> Task prompt
Reproduce each record exactly, leaving out no line.

> Provided data
-- ===== src/Relate/Tests.antt =====
-- packages/relationship-claims: a small site, runs of the assembly, and instances of its theorems.
use matchline.Base.{
  ◌≡◌, refl, List, [], ◌∷◌, Option, none, some, if◌then◌else◌, ◌==◌, Text, text, text_eq,
  compare_text, keys, map, All, includes, IsDistinct,
}
use matchline.Domain.Claim.{SsmRelationshipClaim, powers, model_object, Provenance}
use matchline.Domain.Ladder.{manual, flow_family, family_role}
use matchline.Relate.Mapping.{ladder_rung}
use matchline.Relate.Types.{
  ClaimSubject, AssembleOptions, proposal, Grade, LearnedClaimInput, unknown_child_asset,
  unknown_parent_asset, self_parent,
}
use matchline.Relate.Order.{compare_assembled}
use matchline.Relate.Assemble.{pair_fault, resolve_pair, structural_claim}
use matchline.Relate.Tiers.{take_override, take_subject, take_tags, take_learned, index_rules}
use matchline.Relate.Family.{
  take_edge, group_families, take_members, take_children, take_parents, take_families,
}
use matchline.Relate.Output.{
  first_of_each, dedupe_claims, claim_key, index_claim_subjects, subjects_of, empty_assembly,
  with_overrides, with_lookup, with_learned, with_prior, assembly_of, assemble_relationship_claims,
}
use matchline.Relate.Pairs.{IsPairClaim}
use matchline.Relate.Dedupe.{dedupe_claims-IsDistinct}
use matchline.Relate.OneRung.{AreExclusive, assemble-AreExclusive}
use matchline.Relate.Accounts.{entries, with_inputs-entries}
use matchline.Relate.Grades.{Adds, with_learned-Adds}
use matchline.Relate.Sound.{assemble-IsPairClaim}
use matchline.Ssm.Order.{compare_provenance, compare_source_ref, compare_optional}

abbrev asset : Text → Text → ClaimSubject
asset asset_id role = record {
  asset_id = asset_id;
  canonical_tag = asset_id;
  role = some role;
  family_key = some (text "001");
  explicit_parent_tag = none;
  explicit_parent_provenance = none;
}

abbrev site : List ClaimSubject
site =
    asset (text "PLC1") (text "PLC")
    ∷ asset (text "VFD1") (text "VFD")
    ∷ asset (text "VFD2") (text "VFD")
    ∷ []

abbrev wiring : Provenance
wiring = record {
  source_file = text "wiring";
  source_ref = model_object (text "W1");
  property_or_column = none;
  rule = none;
  fallback_rung = none;
  manual_decision = none;
  input_revision = none;
  profile_revision = none;
}

abbrev spelled : Text → Option Text
spelled tag = if tag == text "vfd2" then some (text "VFD2") else none

-- One taught pairing, one edge within the family, a self-parent by hand, and a lookup that is dead.
abbrev options : AssembleOptions
options = record {
  role_graph = record { parent_role = text "PLC"; child_role = text "VFD" } ∷ [];
  flow_edges =
      record {
        from_asset_id = text "PLC1";
        to_asset_id = text "VFD1";
        relationship_type = powers;
        provenance = wiring;
      }
      ∷ [];
  learned =
      record {
        child_asset_id = text "VFD2";
        parent_asset_id = text "VFD1";
        rule_detail = text "drives";
        confidence = text "0.5";
        grade = proposal;
      }
      ∷ [];
  prior_ssm = [];
  profile_lookup = record { child_tag = text "vfd2"; parent_tag = text "plc9" } ∷ [];
  manual_overrides =
      record { child_asset_id = text "PLC1"; parent_asset_id = some (text "PLC1"); note = none }
      ∷ [];
  resolve_tag = spelled;
  profile_source = none;
  model_source_file = none;
}

assemble-IsPairClaim_example :
    All
      (IsPairClaim (keys (subjects_of site)))
      (assemble_relationship_claims compare_text site options).structural
    × All
        (IsPairClaim (keys (subjects_of site)))
        (assemble_relationship_claims compare_text site options).dependencies
assemble-IsPairClaim_example = assemble-IsPairClaim compare_text site options

assemble-AreExclusive_example :
    All
      (λ c.
        All (AreExclusive c) (assemble_relationship_claims compare_text site options).structural)
      (assemble_relationship_claims compare_text site options).structural
assemble-AreExclusive_example = assemble-AreExclusive compare_text site options

with_inputs-entries_example :
    (entries (with_overrides (subjects_of site) options empty_assembly) ≡ 1)
    × (entries (with_lookup (subjects_of site) options empty_assembly) ≡ 1)
    × (entries (with_learned (subjects_of site) options empty_assembly) ≡ 1)
    × (entries (with_prior (subjects_of site) options empty_assembly) ≡ 0)
with_inputs-entries_example = with_inputs-entries (subjects_of site) options empty_assembly

-- One rule of each kind: a claim, a proposal, and three skips.
abbrev rule : Text → Text → Grade → LearnedClaimInput
rule child parent grade = record {
  child_asset_id = child;
  parent_asset_id = parent;
  rule_detail = text "drives stand below their PLC";
  confidence = text "high";
  grade = grade;
}

abbrev taught : AssembleOptions
taught = record options {
  learned =
      rule (text "VFD1") (text "PLC1") Grade.claim
      ∷ rule (text "VFD2") (text "PLC1") Grade.proposal
      ∷ rule (text "VFD9") (text "PLC1") Grade.claim
      ∷ rule (text "VFD1") (text "PLC9") Grade.proposal
      ∷ rule (text "PLC1") (text "PLC1") Grade.claim
      ∷ [];
}

taught_skips :
    map (λ s. s.reason) (with_learned (subjects_of site) taught empty_assembly).skipped
    ≡ unknown_child_asset ∷ unknown_parent_asset ∷ self_parent ∷ []
unfolding pair_fault index_claim_subjects take_learned
taught_skips = refl

with_learned-Adds_example :
    Adds
      (keys (subjects_of site))
      taught.learned
      empty_assembly
      (with_learned (subjects_of site) taught empty_assembly)
with_learned-Adds_example = with_learned-Adds (subjects_of site) taught empty_assembly

abbrev twice : List SsmRelationshipClaim
twice =
    structural_claim manual (text "VFD1") (text "PLC1") wiring
    ∷ structural_claim manual (text "VFD1") (text "PLC1") wiring
    ∷ structural_claim flow_family (text "VFD1") (text "PLC1") wiring
    ∷ []

dedupe_claims-IsDistinct_example :
    IsDistinct (map claim_key (dedupe_claims twice))
    × ((k : Text)
        → includes (map claim_key (dedupe_claims twice)) k ≡ includes (map claim_key twice) k)
dedupe_claims-IsDistinct_example = dedupe_claims-IsDistinct twice

-- VFD1 is anchored by the edge, VFD2 by family and role.
site_claims :
    map claim_key (assemble_relationship_claims compare_text site options).structural
    ≡ claim_key (structural_claim flow_family (text "VFD1") (text "PLC1") wiring)
      ∷ claim_key (structural_claim family_role (text "VFD2") (text "PLC1") wiring)
      ∷ []
unfolding assemble_relationship_claims dedupe_claims first_of_each index_claim_subjects assembly_of
    take_override take_subject take_tags take_learned index_rules take_edge group_families
    take_members take_children take_parents take_families pair_fault resolve_pair compare_assembled
    compare_provenance compare_source_ref compare_optional compare_text ladder_rung
site_claims = refl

> Task answer
-- ===== src/Relate/Tests.antt =====
-- packages/relationship-claims: a small site, runs of the assembly, and instances of its theorems.
use matchline.Base.{
  ◌≡◌, refl, List, [], ◌∷◌, Option, none, some, if◌then◌else◌, ◌==◌, Text, text, text_eq,
  compare_text, keys, map, All, includes, IsDistinct,
}
use matchline.Domain.Claim.{SsmRelationshipClaim, powers, model_object, Provenance}
use matchline.Domain.Ladder.{manual, flow_family, family_role}
use matchline.Relate.Mapping.{ladder_rung}
use matchline.Relate.Types.{
  ClaimSubject, AssembleOptions, proposal, Grade, LearnedClaimInput, unknown_child_asset,
  unknown_parent_asset, self_parent,
}
use matchline.Relate.Order.{compare_assembled}
use matchline.Relate.Assemble.{pair_fault, resolve_pair, structural_claim}
use matchline.Relate.Tiers.{take_override, take_subject, take_tags, take_learned, index_rules}
use matchline.Relate.Family.{
  take_edge, group_families, take_members, take_children, take_parents, take_families,
}
use matchline.Relate.Output.{
  first_of_each, dedupe_claims, claim_key, index_claim_subjects, subjects_of, empty_assembly,
  with_overrides, with_lookup, with_learned, with_prior, assembly_of, assemble_relationship_claims,
}
use matchline.Relate.Pairs.{IsPairClaim}
use matchline.Relate.Dedupe.{dedupe_claims-IsDistinct}
use matchline.Relate.OneRung.{AreExclusive, assemble-AreExclusive}
use matchline.Relate.Accounts.{entries, with_inputs-entries}
use matchline.Relate.Grades.{Adds, with_learned-Adds}
use matchline.Relate.Sound.{assemble-IsPairClaim}
use matchline.Ssm.Order.{compare_provenance, compare_source_ref, compare_optional}

abbrev asset : Text → Text → ClaimSubject
asset asset_id role = record {
  asset_id = asset_id;
  canonical_tag = asset_id;
  role = some role;
  family_key = some (text "001");
  explicit_parent_tag = none;
  explicit_parent_provenance = none;
}

abbrev site : List ClaimSubject
site =
    asset (text "PLC1") (text "PLC")
    ∷ asset (text "VFD1") (text "VFD")
    ∷ asset (text "VFD2") (text "VFD")
    ∷ []

abbrev wiring : Provenance
wiring = record {
  source_file = text "wiring";
  source_ref = model_object (text "W1");
  property_or_column = none;
  rule = none;
  fallback_rung = none;
  manual_decision = none;
  input_revision = none;
  profile_revision = none;
}

abbrev spelled : Text → Option Text
spelled tag = if tag == text "vfd2" then some (text "VFD2") else none

-- One taught pairing, one edge within the family, a self-parent by hand, and a lookup that is dead.
abbrev options : AssembleOptions
options = record {
  role_graph = record { parent_role = text "PLC"; child_role = text "VFD" } ∷ [];
  flow_edges =
      record {
        from_asset_id = text "PLC1";
        to_asset_id = text "VFD1";
        relationship_type = powers;
        provenance = wiring;
      }
      ∷ [];
  learned =
      record {
        child_asset_id = text "VFD2";
        parent_asset_id = text "VFD1";
        rule_detail = text "drives";
        confidence = text "0.5";
        grade = proposal;
      }
      ∷ [];
  prior_ssm = [];
  profile_lookup = record { child_tag = text "vfd2"; parent_tag = text "plc9" } ∷ [];
  manual_overrides =
      record { child_asset_id = text "PLC1"; parent_asset_id = some (text "PLC1"); note = none }
      ∷ [];
  resolve_tag = spelled;
  profile_source = none;
  model_source_file = none;
}

assemble-IsPairClaim_example :
    All
      (IsPairClaim (keys (subjects_of site)))
      (assemble_relationship_claims compare_text site options).structural
    × All
        (IsPairClaim (keys (subjects_of site)))
        (assemble_relationship_claims compare_text site options).dependencies
assemble-IsPairClaim_example = assemble-IsPairClaim compare_text site options

assemble-AreExclusive_example :
    All
      (λ c.
        All (AreExclusive c) (assemble_relationship_claims compare_text site options).structural)
      (assemble_relationship_claims compare_text site options).structural
assemble-AreExclusive_example = assemble-AreExclusive compare_text site options

with_inputs-entries_example :
    (entries (with_overrides (subjects_of site) options empty_assembly) ≡ 1)
    × (entries (with_lookup (subjects_of site) options empty_assembly) ≡ 1)
    × (entries (with_learned (subjects_of site) options empty_assembly) ≡ 1)
    × (entries (with_prior (subjects_of site) options empty_assembly) ≡ 0)
with_inputs-entries_example = with_inputs-entries (subjects_of site) options empty_assembly

-- One rule of each kind: a claim, a proposal, and three skips.
abbrev rule : Text → Text → Grade → LearnedClaimInput
rule child parent grade = record {
  child_asset_id = child;
  parent_asset_id = parent;
  rule_detail = text "drives stand below their PLC";
  confidence = text "high";
  grade = grade;
}

abbrev taught : AssembleOptions
taught = record options {
  learned =
      rule (text "VFD1") (text "PLC1") Grade.claim
      ∷ rule (text "VFD2") (text "PLC1") Grade.proposal
      ∷ rule (text "VFD9") (text "PLC1") Grade.claim
      ∷ rule (text "VFD1") (text "PLC9") Grade.proposal
      ∷ rule (text "PLC1") (text "PLC1") Grade.claim
      ∷ [];
}

taught_skips :
    map (λ s. s.reason) (with_learned (subjects_of site) taught empty_assembly).skipped
    ≡ unknown_child_asset ∷ unknown_parent_asset ∷ self_parent ∷ []
unfolding pair_fault index_claim_subjects take_learned
taught_skips = refl

with_learned-Adds_example :
    Adds
      (keys (subjects_of site))
      taught.learned
      empty_assembly
      (with_learned (subjects_of site) taught empty_assembly)
with_learned-Adds_example = with_learned-Adds (subjects_of site) taught empty_assembly

abbrev twice : List SsmRelationshipClaim
twice =
    structural_claim manual (text "VFD1") (text "PLC1") wiring
    ∷ structural_claim manual (text "VFD1") (text "PLC1") wiring
    ∷ structural_claim flow_family (text "VFD1") (text "PLC1") wiring
    ∷ []

dedupe_claims-IsDistinct_example :
    IsDistinct (map claim_key (dedupe_claims twice))
    × ((k : Text)
        → includes (map claim_key (dedupe_claims twice)) k ≡ includes (map claim_key twice) k)
dedupe_claims-IsDistinct_example = dedupe_claims-IsDistinct twice

-- VFD1 is anchored by the edge, VFD2 by family and role.
site_claims :
    map claim_key (assemble_relationship_claims compare_text site options).structural
    ≡ claim_key (structural_claim flow_family (text "VFD1") (text "PLC1") wiring)
      ∷ claim_key (structural_claim family_role (text "VFD2") (text "PLC1") wiring)
      ∷ []
unfolding assemble_relationship_claims dedupe_claims first_of_each index_claim_subjects assembly_of
    take_override take_subject take_tags take_learned index_rules take_edge group_families
    take_members take_children take_parents take_families pair_fault resolve_pair compare_assembled
    compare_provenance compare_source_ref compare_optional compare_text ladder_rung
site_claims = refl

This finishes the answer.